For the tone language, there were main effects of rule type and group, but only a trend towards a main effect of run number. There was an interaction between run number and group, but not run number and rule complexity. Tukey tests demonstrated that control participants performed significantly better than those with stroke, who in turn performed significantly better than those with nfvPPA. Performance on run 3 was significantly better than on run 1, while run 2 did not differ from either run 1 or 3.

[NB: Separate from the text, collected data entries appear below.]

-- ===== src/Magnetic/Examples.antt =====
-- A window of two readings and sessions that read the calibration switch.
use pose_bridge.Prelude.{
  ℕ, ◌+◌, ◌≡◌, ◌≢◌, refl, true, false, some, List, [], ◌∷◌, ◌++◌, length, arith,
}
use pose_bridge.Prelude.Int.{pos, negsuc}
use pose_bridge.Protocol.Parser
use pose_bridge.Protocol.Parser.Laws.{total_length}
use pose_bridge.Magnetic.Receive
use pose_bridge.Magnetic.Receive.{Io}
use pose_bridge.Magnetic.Receive.Account.{run-received}
use pose_bridge.Magnetic.{Counts, monitoring, calibrating, calibrated}
use pose_bridge.Magnetic.Window.{default}
use pose_bridge.Magnetic.State.{State, new, observe_calsw, next_phase}
use pose_bridge.Magnetic.State.History.{Holds, observe_all, observe_all-newest}
use pose_bridge.Magnetic.State.Phases.{run, run-calibrating}

abbrev readings : List (Counts × ℕ)
readings =
    (record { x = pos 5; y = negsuc 3; z = pos 0 }, 1000)
    ∷ (record { x = negsuc 9; y = negsuc 1; z = pos 7 }, 2000)
    ∷ []

abbrev monitoring_state : State
monitoring_state = record (new 1 2 3) { phase = monitoring }

abbrev calibrating_state : State
calibrating_state = record (new 1 2 3) { phase = calibrating; owned = true }

abbrev switch_readings : List (ℕ × ℕ)
switch_readings = (7, 100) ∷ (0, 200) ∷ (1, 300) ∷ (7, 400) ∷ []

run-calibrating_state_phase : (run calibrating_state ((7, 100) ∷ (0, 200) ∷ [])).phase ≡ calibrated
unfolding run observe_calsw next_phase
run-calibrating_state_phase = refl

run-calibrating_example :
    let exit = run calibrating_state (((7, 100) ∷ []) ++ (0, 200) ∷ (7, 300) ∷ []) in
    ((run calibrating_state ((7, 100) ∷ [])).phase ≡ calibrating)
    × ((run calibrating_state ((7, 100) ∷ [])).owned ≡ true)
    × ((run calibrating_state ((7, 100) ∷ [])).window ≡ default 1)
    × (exit.phase ≢ calibrating)
    × (exit.owned ≡ false)
    × (exit.window.end ≡ some 200)
run-calibrating_example =
    run-calibrating calibrating_state ((7, 100) ∷ []) ((7, 300) ∷ []) 200 refl refl
      (omega arith, tt)

observe_all-newest_example : Holds readings (observe_all readings 0 (new 1 2 3))
observe_all-newest_example = observe_all-newest 1 2 3 0 readings

abbrev io : Io
io = record {
  parser = Parser.default;
  status = record {
    bytes_received = 0;
    frames_received = 0;
    discarded_bytes = 0;
    invalid_frames = 0;
  };
  magnetic = new 1 2 3;
  start = 0;
}

-- A byte of noise and a field reading in two reads.
abbrev reads : List (List ℕ × ℕ)
reads =
    (9 ∷ 0x55 ∷ 0x71 ∷ 0x3a ∷ 0 ∷ 1 ∷ 0 ∷ [], 1000)
    ∷ (2 ∷ 0 ∷ 3 ∷ 0 ∷ 0 ∷ 0 ∷ 0 ∷ 0 ∷ 0 ∷ 0 ∷ 0 ∷ 0 ∷ 0 ∷ 0 ∷ [], 2000)
    ∷ []

run-received_example :
    let r = Receive.run io reads in
    (r.0.status.bytes_received + 0 + 0
      ≡ r.0.status.discarded_bytes + total_length r.1 + length r.0.parser.buffer + 0)
    × (r.0.status.frames_received ≡ 0 + length r.1)
run-received_example = run-received io reads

Spearman rank-order correlograms are shown in Fig. 4A, and the resultant hierarchical cluster analysis is visualised in Fig. 4B. Rule acquisition patterns are highly correlated between groups within each task, but not between tasks within each group. This is confirmed by the cluster analysis. Performance on CVC and tone languages represent strongly distinct clusters, while oddball performance profiles are less distinct (as expected if sequence ordering is unimportant for novel token detection). The difference in profiles between CVC and tone languages across group was further assessed by a two-sample t-test with unequal variance based on the similarities shown in Fig. 4A. In sample 1 were the six within-language similarities (excluding the diagonal) and in sample 2 were the 9 between-language similarities. This confirmed a highly significant group difference in language similarity; t(12.5)=5.2, p=0.0002. Identical pair-wise tests between groups across language (blinded to overall ability by non-parametric Spearman rank-order correlation) confirmed that performance profiles did not differ between groups (control vs nfvPPA t(12.3)=−0.12, p=0.90; control vs stroke t(10.2)=−0.76, p=0.46; nfvPPA vs stroke t(12.2)=−0.01, p=0.99).

Stepwise regression analysis between overall measures of discriminability and the behavioural measures listed in the methods yielded no statistically significant predictors for CVC or oddball language performance. If performance on CVC linear rules (where performance was highest) is considered in isolation, overall aphasia severity (α=0.002) was the only significant predictor. The only significant predictor for tone language performance was diagnosis (α=0.035), confirming that patients with nfvPPA performed more poorly than those with stroke, independent of aphasia severity.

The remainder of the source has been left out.